§ **WORK REQUEST**
Begin at the line that contains "transmit_loop-sends zero world" and repeat every line from there to the end of the records below, inclusive, without adding any other line.

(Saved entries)
----------
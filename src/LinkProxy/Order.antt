-- ===== src/LinkProxy/Order.antt =====
-- The order in which the thread of 722device/network/tls_net_proxy.c sends.
use native.Mathlib.Decide.{dec_le}
use ai_coding_for_business.Common.{
  put, put-holds, put-same, ℕ, zero, suc, ◌≤◌, ◌<◌, ◌≡◌, ◌⊎◌, inl, inr, refl, sym, subst, ap, ◌∙◌,
  arith, false, none, some, List, [], ◌∷◌, ◌++◌, length,
}
use ai_coding_for_business.LinkProxy.{
  Node, PrioQueue, Sending, World, max_priority_levels, prio_queue_pop, pop_highest,
  check_higher_waiting, send_node, send_or_requeue, transmit_loop,
}
use ai_coding_for_business.LinkProxy.Ring.{contents, WellFormed, length-contents, pop-refines}

abbrev pub Owned : ℕ → List Node → Type 0
Owned p [] = Unit {0}
Owned p (n ∷ ns) = (n.priority ≡ p) × Owned p ns

-- A ring in use whose nodes have the priority of the ring.
abbrev pub Formed : ℕ → PrioQueue → Type 0
Formed p q = WellFormed q × Owned p (contents q)

-- The nodes below priority `i`, higher priorities first and each ring from its head.
abbrev pub waiting : ℕ → (ℕ → PrioQueue) → List Node
waiting zero qs = []
waiting (suc i) qs = contents (qs i) ++ waiting i qs

abbrev pub sendings : World → List Node → List Sending
sendings world [] = []
sendings world (n ∷ ns) = send_node world n ++ sendings world ns

pub waiting-put_above :
    (i p : ℕ) (qs : ℕ → PrioQueue) (q : PrioQueue) → i ≤ p → waiting i (put qs p q) ≡ waiting i qs
waiting-put_above zero p qs q h = refl
waiting-put_above (suc i) p qs q h = ground (arith, waiting-put_above i p qs q)

count_zero : (i : ℕ) (qs : ℕ → PrioQueue) → contents (qs i) ≡ [] → (qs i).count ≡ 0
count_zero i qs c =
    omega (arith, length-contents (qs i).nodes (qs i).head (qs i).count, ap length c)

-- A node taken below priority `i`: it was the first of those that wait, and no higher ring has one.
record Taken (i : ℕ) (qs : ℕ → PrioQueue) (n : Node) (qs' : ℕ → PrioQueue) : Type 0 where
  pub found : pop_highest i qs ≡ some (n, qs')
  pub first : waiting i qs ≡ n ∷ waiting i qs'
  pub below : n.priority < i
  pub none_above : (p : ℕ) → n.priority < p → p < i → (qs' p).count ≡ 0
  pub formed : (p : ℕ) → Formed p (qs' p)
  pub above : (p : ℕ) → i ≤ p → qs' p ≡ qs p

abbrev Taking : ℕ → (ℕ → PrioQueue) → Type 0
Taking i qs =
    ((waiting i qs ≡ []) × (pop_highest i qs ≡ none) × ((p : ℕ) → p < i → (qs p).count ≡ 0))
    ⊎ ((n : Node) × (qs' : ℕ → PrioQueue) × Taken i qs n qs')

module _ (i : ℕ) (qs : ℕ → PrioQueue) (f : (p : ℕ) → Formed p (qs p)) where
  take_here :
      (n : Node) (q : PrioQueue)
      → prio_queue_pop (qs i) ≡ (some n, q)
      → contents (qs i) ≡ n ∷ contents q
      → WellFormed q
      → Taken (suc i) qs n (put qs i q)
  unfolding pop_highest
  take_here n q e c w =
      let owned : Owned i (n ∷ contents q) = subst (λ l. Owned i l) c (f i).1 in
      record {
        found = ground (arith, e);
        first = ground (arith, c, waiting-put_above i i qs q, put-same qs i q);
        below = omega (arith, owned.0);
        none_above = λ p lo hi. absurd (omega (arith, owned.0));
        formed = λ p. put-holds Formed qs i q p (w, owned.1) (f p);
        above = λ p h. ground (arith, h);
      }

  take_below :
      prio_queue_pop (qs i) ≡ (none, qs i) → contents (qs i) ≡ [] → Taking i qs → Taking (suc i) qs
  unfolding pop_highest
  take_below e c (inl (w, p, z)) =
      let zero_count : (qs i).count ≡ 0 = count_zero i qs c in
      inl (
        ground (arith, c, w),
        ground (arith, e, p),
        λ j h. elim (dec_le i j) [
          | yes top ↦ let here : j ≡ i = omega arith in rw here zero_count
          | no low ↦ z j (omega arith)
        ],
      )
  take_below e c (inr (n, qs', t)) =
      let same : qs' i ≡ qs i = t.above i (omega arith) in
      let zero_count : (qs' i).count ≡ 0 = rw same (count_zero i qs c) in
      inr (
        n,
        qs',
        record {
          found = ground (arith, e, t.found);
          first = rw (same, c) t.first;
          below = omega (arith, t.below);
          none_above = λ j lo hi. elim (dec_le i j) [
            | yes top ↦ let here : j ≡ i = omega arith in rw here zero_count
            | no low ↦ t.none_above j lo (omega arith)
          ];
          formed = t.formed;
          above = λ j h. t.above j (omega arith);
        },
      )

pop_highest-Taking : (i : ℕ) (qs : ℕ → PrioQueue) → ((p : ℕ) → Formed p (qs p)) → Taking i qs
unfolding pop_highest
pop_highest-Taking zero qs f = inl (refl, refl, λ p h. absurd (omega arith))
pop_highest-Taking (suc i) qs f = elim (pop-refines (qs i) (f i).0) [
  | inl (c, e) ↦ take_below i qs f e c (pop_highest-Taking i qs f)
  | inr (n, q, e, c, w) ↦ inr (n, put qs i q, take_here i qs f n q e c w)
]

-- With no node in a higher ring the node is sent.
check-none :
    (i : ℕ) (qs : ℕ → PrioQueue) (current : ℕ)
    → ((p : ℕ) → current < p → p < i → (qs p).count ≡ 0)
    → check_higher_waiting i qs current ≡ false
unfolding check_higher_waiting
check-none zero qs current h = refl
check-none (suc i) qs current h = elim (dec_le i current) [
  | yes low ↦ ground arith
  | no high ↦ ground (
    arith,
    h i (omega arith) (omega arith),
    check-none i qs current (λ p lo hi. h p lo (omega arith)),
  )
]

send-Taken :
    (world : World) (qs qs' : ℕ → PrioQueue) (n : Node)
    → Taken max_priority_levels qs n qs'
    → send_or_requeue world n qs' ≡ (send_node world n, qs')
unfolding send_or_requeue
send-Taken world qs qs' n t =
    ground (arith, check-none max_priority_levels qs' n.priority t.none_above)

module _ (fuel : ℕ) (world : World) (qs : ℕ → PrioQueue) where
  loop_none :
      pop_highest max_priority_levels qs ≡ none → transmit_loop (suc fuel) world qs ≡ some ([], qs)
  unfolding transmit_loop
  loop_none e = ground arith

  loop_some :
      (n : Node) (qs1 qs2 qs' : ℕ → PrioQueue) (sent more : List Sending)
      → pop_highest max_priority_levels qs ≡ some (n, qs1)
      → send_or_requeue world n qs1 ≡ (sent, qs2)
      → transmit_loop fuel world qs2 ≡ some (more, qs')
      → transmit_loop (suc fuel) world qs ≡ some (sent ++ more, qs')
  unfolding transmit_loop
  loop_some n qs1 qs2 qs' sent more e s l = ground arith

-- With nothing pushed meanwhile, and fuel for one round more than there are nodes: the thread takes all
-- nodes, those of higher priorities first and those of one priority in the order of their pushes, sends
-- each of them as far as the network takes it, and leaves the eight rings empty.
pub transmit_loop-sends :
    (fuel : ℕ) (world : World) (qs : ℕ → PrioQueue)
    → ((p : ℕ) → Formed p (qs p))
    → length (waiting max_priority_levels qs) < fuel
    → (qs' : ℕ → PrioQueue) × (transmit_loop fuel world qs
        ≡ some (sendings world (waiting max_priority_levels qs), qs'))
      × (waiting max_priority_levels qs' ≡ [])
transmit_loop-sends zero world qs f h = absurd (omega arith)
transmit_loop-sends (suc fuel) world qs f h = elim (pop_highest-Taking max_priority_levels qs f) [
  | inl (w, e, z) ↦
      (qs, loop_none fuel world qs e ∙ ap (λ l. some (sendings world l, qs)) (sym w), w)
  | inr (n, qs1, t) ↦
      let size = ap length t.first in
      let (qs', run, left) = transmit_loop-sends fuel world qs1 t.formed (omega (arith, size, h)) in
      (
        qs',
        loop_some fuel world qs n qs1 qs1 qs' (send_node world n)
              (sendings world (waiting max_priority_levels qs1)) t.found
              (send-Taken world qs qs1 n t) run
            ∙ ap (λ l. some (sendings world l, qs')) (sym t.first),
        left,
      )
]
----------
§ **RESPONSE AREA**
transmit_loop-sends zero world qs f h = absurd (omega arith)
transmit_loop-sends (suc fuel) world qs f h = elim (pop_highest-Taking max_priority_levels qs f) [
  | inl (w, e, z) ↦
      (qs, loop_none fuel world qs e ∙ ap (λ l. some (sendings world l, qs)) (sym w), w)
  | inr (n, qs1, t) ↦
      let size = ap length t.first in
      let (qs', run, left) = transmit_loop-sends fuel world qs1 t.formed (omega (arith, size, h)) in
      (
        qs',
        loop_some fuel world qs n qs1 qs1 qs' (send_node world n)
              (sendings world (waiting max_priority_levels qs1)) t.found
              (send-Taken world qs qs1 n t) run
            ∙ ap (λ l. some (sendings world l, qs')) (sym t.first),
        left,
      )
]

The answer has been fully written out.